MIGProfiler
Multi-Instance-GPU profiling tool
Install / Use
/learn @HuaizhengZhang/MIGProfilerREADME
MIG Profiler
MIGProfiler is a toolkit for benchmark study on NVIDIA MIG techniques. It provides profiling on multiple deep learning training and inference tasks on MIG GPUs.
MIGProfiler is featured for:
- 🎨 Support a lot of deep learning tasks and open-sourced models on a various of benchmark type
- 📈 Present comprehensive benchmark results
- 🐣 Easy to use with a configuration file (WIP)

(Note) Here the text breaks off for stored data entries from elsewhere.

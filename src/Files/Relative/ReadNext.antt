-- ===== src/Files/Relative/ReadNext.antt =====
-- READ NEXT on a RELATIVE file.
use mathlib.Core.Path.{subst}
use native.Mathlib.Decide.{dec_lt}
use native.Mathlib.Nat.{div-eq_of_lt-le}
use blitzy_open_cobol.Base.{
  ℕ, zero, suc, ◌+◌, ◌/◌, ◌≤◌, ◌<◌, ◌≡◌, refl, sym, ◌∙◌, ◌⊎◌, inl, inr, true, false, some, arith,
  ap,
}
use blitzy_open_cobol.Base.Int.{ℤ, pos}
use blitzy_open_cobol.Files.{CobFile, KeyField, Outcome}
use blitzy_open_cobol.Files.Stdio.{Stream}
use blitzy_open_cobol.Files.Stdio.Words.{word_size}
use blitzy_open_cobol.Files.Relative.{
  next_scan, next_slot, next_key, with_next_key, get_record, on_stream,
}
use blitzy_open_cobol.Files.Relative.Slots.{IsSlotFile, slot_at, slot_header, slot_bytes}
use blitzy_open_cobol.Files.Relative.Transfers.{moved, fread_size-beyond}
use blitzy_open_cobol.Files.Relative.Seek.{
  fseek_cur-forward, moved-IsReadable, inside_or_beyond, size-inside, record-data, record-inside,
}
use blitzy_open_cobol.Files.Relative.Forward.{
  IsNext, IsEnd, IsNext-skip, IsEnd-skip, IsEnd-beyond, number-below, slots-long,
}

-- The key field holds every number of the file.
abbrev pub IsWide : KeyField → ℕ → Type 0
IsWide keys count = (n : ℕ) → n ≤ count → keys.add_int (keys.set_int (pos 0)) (pos n) ≡ some (pos n)

-- The slot whose size was just read.
slot-number : (m k : ℕ) → 0 < m → (slot_at m k + word_size) / (m + word_size) ≡ k
slot-number m k long = div-eq_of_lt-le {k = k} (m + word_size) (omega arith) (grind arith)

-- The record, its number, the place behind it, and the status.
pub record IsRead (m : ℕ) (s : Stream) (k : ℕ) (result : Outcome) : Type 0 where
  pub file : CobFile
  pub status : ℕ
  pub returns : result ≡ some (file, status)
  pub outcome :
      ((n : ℕ) × IsNext m s k n
        × (status ≡ 0)
        × (file.relative_key ≡ some (pos (suc n)))
        × (file.record_data ≡ slot_bytes m s n)
        × (file.size ≡ slot_header m s n)
        × (file.stream ≡ some (moved s (slot_at m (suc n)))))
      ⊎ (IsEnd m s k × (status ≡ 10))

IsRead-skip :
    {m : ℕ} {s : Stream} {k : ℕ} {here later : Outcome}
    → slot_header m s k ≡ 0
    → here ≡ later
    → IsRead m s (suc k) later
    → IsRead m s k here
IsRead-skip {m} {s} {k} free same rest = record {
  file = rest.file;
  status = rest.status;
  returns = same ∙ rest.returns;
  outcome = elim rest.outcome [
    | inl (n, next, done, number, bytes, size, place) ↦
        inl (n, IsNext-skip free next, done, number, bytes, size, place)
    | inr (end, done) ↦ inr (IsEnd-skip m s k free end, done)
  ];
}

-- The file after the size of slot `k` has been read and the key set.
abbrev keyed : CobFile → Stream → ℕ → CobFile
keyed f s k = record f {
  size = slot_header f.record_max s k;
  relative_key = some (pos (suc k));
  flag_first_read = 0;
}

module _ (keys : KeyField) (f : CobFile) (s : Stream) (k count : ℕ) (key : ℤ)
    (good : IsSlotFile f.record_max s) (wide : IsWide keys count) (below : k < count)
    (has_key : f.relative_key ≡ some key) (later : f.flag_first_read ≡ 0)
    (long : 0 < f.record_max) where
  key-keyed :
      with_next_key keys
        (record f { size = slot_header f.record_max s k })
        (moved s (slot_at f.record_max k + word_size))
      ≡ (keyed f s k, true)
  unfolding with_next_key next_key
  key-keyed =
      let number = slot-number f.record_max k long in
      let one_more : k + 1 ≡ suc k = omega arith in
      ground (
        arith,
        has_key,
        later,
        number,
        wide (k + 1) (omega arith),
        wide (suc k) (omega arith),
        ap pos one_more,
      )

next_scan-free :
    (keys : KeyField) (fuel : ℕ) (f : CobFile) (s : Stream) (k count : ℕ) (key : ℤ)
    → IsSlotFile f.record_max s
    → IsWide keys count
    → k < count
    → f.relative_key ≡ some key
    → f.flag_first_read ≡ 0
    → 0 < f.record_max
    → slot_at f.record_max (suc k) ≤ s.size
    → slot_header f.record_max s k ≡ 0
    → next_scan keys (suc fuel) f (moved s (slot_at f.record_max k))
      ≡ next_scan keys fuel (keyed f s k) (moved s (slot_at f.record_max (suc k)))
unfolding next_scan
next_scan-free keys fuel f s k count key good wide below has_key later long inside free =
    let next : slot_at f.record_max k + word_size + f.record_max ≡ slot_at f.record_max (suc k) =
      omega arith in
    ground (
      arith,
      size-inside f s k good inside,
      key-keyed keys f s k count key good wide below has_key later long,
      free,
      fseek_cur-forward (moved s (slot_at f.record_max k + word_size)) f.record_max,
      next,
    )

next_scan-IsRead :
    (keys : KeyField) (fuel : ℕ) (f : CobFile) (s : Stream) (k count : ℕ) (key : ℤ)
    → IsSlotFile f.record_max s
    → s.ferror ≡ false
    → s.size ≡ slot_at f.record_max count
    → IsWide keys count
    → f.relative_key ≡ some key
    → f.flag_first_read ≡ 0
    → 0 < f.record_max
    → count < fuel + k
    → 0 < fuel
    → IsRead f.record_max s k (next_scan keys fuel f (moved s (slot_at f.record_max k)))
next_scan-IsRead keys zero f s k count key good fine counted wide has_key later long enough
      fuel_left =
    absurd (omega arith)
next_scan-IsRead keys (suc fuel) f s k count key good fine counted wide has_key later long enough
      fuel_left =
    elim (inside_or_beyond f.record_max s k good.slotted) [
      | inr beyond ↦ record {
        file = on_stream f (moved s (slot_at f.record_max k));
        status = 10;
        returns =
            unfold next_scan in
            ground (
              arith,
              fine,
              fread_size-beyond f.record_max (moved s (slot_at f.record_max k)) k
                  (moved-IsReadable (slot_at f.record_max k) good.readable) refl beyond,
            );
        outcome = inr (IsEnd-beyond f.record_max s k beyond, refl);
      }
      | inl inside ↦
          let below : k < count = number-below f.record_max k count (rw counted at inside) in
          elim (dec_lt 0 (slot_header f.record_max s k)) [
            | yes present ↦ record {
              file = record (keyed f s k) {
                record_data = slot_bytes f.record_max s k;
                stream = some (moved s (slot_at f.record_max (suc k)));
              };
              status = 0;
              returns =
                  unfold next_scan get_record in
                  ground (
                    arith,
                    size-inside f s k good inside,
                    key-keyed keys f s k count key good wide below has_key later long,
                    present,
                    record-data f s k good inside long,
                  );
              outcome = inl (
                k,
                record {
                  behind = omega arith;
                  present = present;
                  passed = λ j above under. absurd (omega arith);
                },
                refl,
                refl,
                refl,
                refl,
                refl,
              );
            }
            | no absent ↦
                let free : slot_header f.record_max s k ≡ 0 = omega arith in
                IsRead-skip free
                  (next_scan-free keys fuel f s k count key good wide below has_key later long
                    inside free)
                  (next_scan-IsRead keys fuel (keyed f s k) s (suc k) count (pos (suc k)) good fine
                    counted wide refl refl long (omega arith) (omega arith))
          ]
    ]

-- READ NEXT on a file of whole slots, not the first read after OPEN or START, from the slot `k` at
-- which the stream stands: the next record is delivered with its size, the key field, which holds
-- every number of the file, is its number, and the stream stands behind it; or the status is 10 and
-- no record is left. The loop ends in either case.
pub next_slot-IsRead :
    (keys : KeyField) (f : CobFile) (s : Stream) (k count : ℕ) (key : ℤ)
    → IsSlotFile f.record_max s
    → s.ferror ≡ false
    → s.size ≡ slot_at f.record_max count
    → s.position ≡ slot_at f.record_max k
    → IsWide keys count
    → f.relative_key ≡ some key
    → f.flag_first_read ≡ 0
    → 0 < f.record_max
    → IsRead f.record_max s k (next_slot keys f s)
unfolding next_slot
next_slot-IsRead keys f s k count key good fine counted here wide has_key later long =
    let enough : count ≤ s.size = rw counted (slots-long f.record_max count) in
    subst (λ p. IsRead f.record_max s k (next_scan keys (s.size + 1) f (moved s p))) (sym here)
      (next_scan-IsRead keys (s.size + 1) f s k count key good fine counted wide has_key later long
        (omega arith) (omega arith))

-- A READ NEXT that is the first one after OPEN or START sets the key field to 1, whatever the number of the record that
-- it finds. The stream stands at a record of a file of whole slots.
pub next_slot-first_key :
    (keys : KeyField) (f : CobFile) (s : Stream) (k : ℕ) (key : ℤ)
    → IsSlotFile f.record_max s
    → s.position ≡ slot_at f.record_max k
    → 0 < slot_header f.record_max s k
    → f.relative_key ≡ some key
    → 0 < f.flag_first_read
    → 0 < f.record_max
    → next_slot keys f s
      ≡ some (
        record f {
          size = slot_header f.record_max s k;
          relative_key = some (keys.set_int (pos 1));
          flag_first_read = 0;
          record_data = slot_bytes f.record_max s k;
          stream = some (moved s (slot_at f.record_max (suc k)));
        },
        0,
      )
next_slot-first_key keys f s k key good here present has_key first long =
    ap (λ (p : ℕ). next_slot keys f (moved s p)) here
    ∙ returns (record-inside f.record_max s k good.slotted present)
  where
    returns :
        slot_at f.record_max (suc k) ≤ s.size
        → next_slot keys f (moved s (slot_at f.record_max k))
          ≡ some (
            record f {
              size = slot_header f.record_max s k;
              relative_key = some (keys.set_int (pos 1));
              flag_first_read = 0;
              record_data = slot_bytes f.record_max s k;
              stream = some (moved s (slot_at f.record_max (suc k)));
            },
            0,
          )
    returns inside =
        let turns : s.size + 1 ≡ suc s.size = omega arith in
        unfold next_slot next_scan with_next_key next_key get_record in
        rw turns (
          ground (
            arith,
            size-inside f s k good inside,
            present,
            has_key,
            first,
            record-data f s k good inside long,
          ))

The project is under rapid development! Please check our benchmark website and join us!
Benchmark Website 📈
Coming soon!
Install 📦️
Install by PyPI
pip install migperf
⚠️ For Deep Learning (DL) framework (PyTorch) and its task-specific DL libraries like Hugging Face Transformers and OpenCV, you may need self-installation, since these libraries have various dependencies for different users.
Use Docker 🐋
docker pull mlsysops/migperf:latest
And start to profile by
docker run --gpus=all --network host --rm -ti mlsysops/migperf:latest
⚠️ Due to Docker device mounting mechanism, we are not able to adjust MIG configuration via MIGController inside
docker. Please setup the MIG devices in the host machine before you start to profile.
Manual build
Clone the repo:
git clone https://github.com/MLSysOps/MIGProfiler.git
It is recommended to create a virtual environment for testing:
conda create -n mig-perf python=3.8
conda activate mig-perf
Manually install the required packages (you should install the correct version):
conda install pytorch torchvision pytorch-cuda=11.6 -c pytorch -c nvidia
conda install -c conda-forge opencv
pip install transformers
Finally, build migperf package:
pip install .
Quick Start 🚚
You can easily to profile on MIG GPU. Below are some common deep learning tasks to play with.
1. MIG training benchmark
We first create a 1g.10gb MIG device
from migperf.controller import MIGController
# enable MIG
mig_controller = MIGController()
mig_controller.enable_mig(gpu_id=0)
# Create GPU instance
gi_status = mig_controller.create_gpu_instance('1g.10gb', create_ci=True)
print(gi_status)
Start DCGM metric exporter
docker run -d --rm --gpus all --net mig_perf -p 9400:9400 \
-v "${PWD}/mig_perf/profiler/client/dcp-metrics-included.csv:/etc/dcgm-exporter/customized.csv" \
--name dcgm_exporter --cap-add SYS_ADMIN nvcr.io/nvidia/k8s/dcgm-exporter:2.4.7-2.6.11-ubuntu20.04 \
-c 500 -f /etc/dcgm-exporter/customized.csv -d f
Start to profile
cd mig_perf/profiler
export PYTHONPATH=$PWD
python train/train_cv.py --bs=32 --model=resnet50 --mig-device-id=0 --max_train_steps=10
Clean up after benchmarking
from migperf.controller import MIGController
# disable MIG
mig_controller = MIGController()
mig_controller.destroy_compute_instance(gpu_id=0)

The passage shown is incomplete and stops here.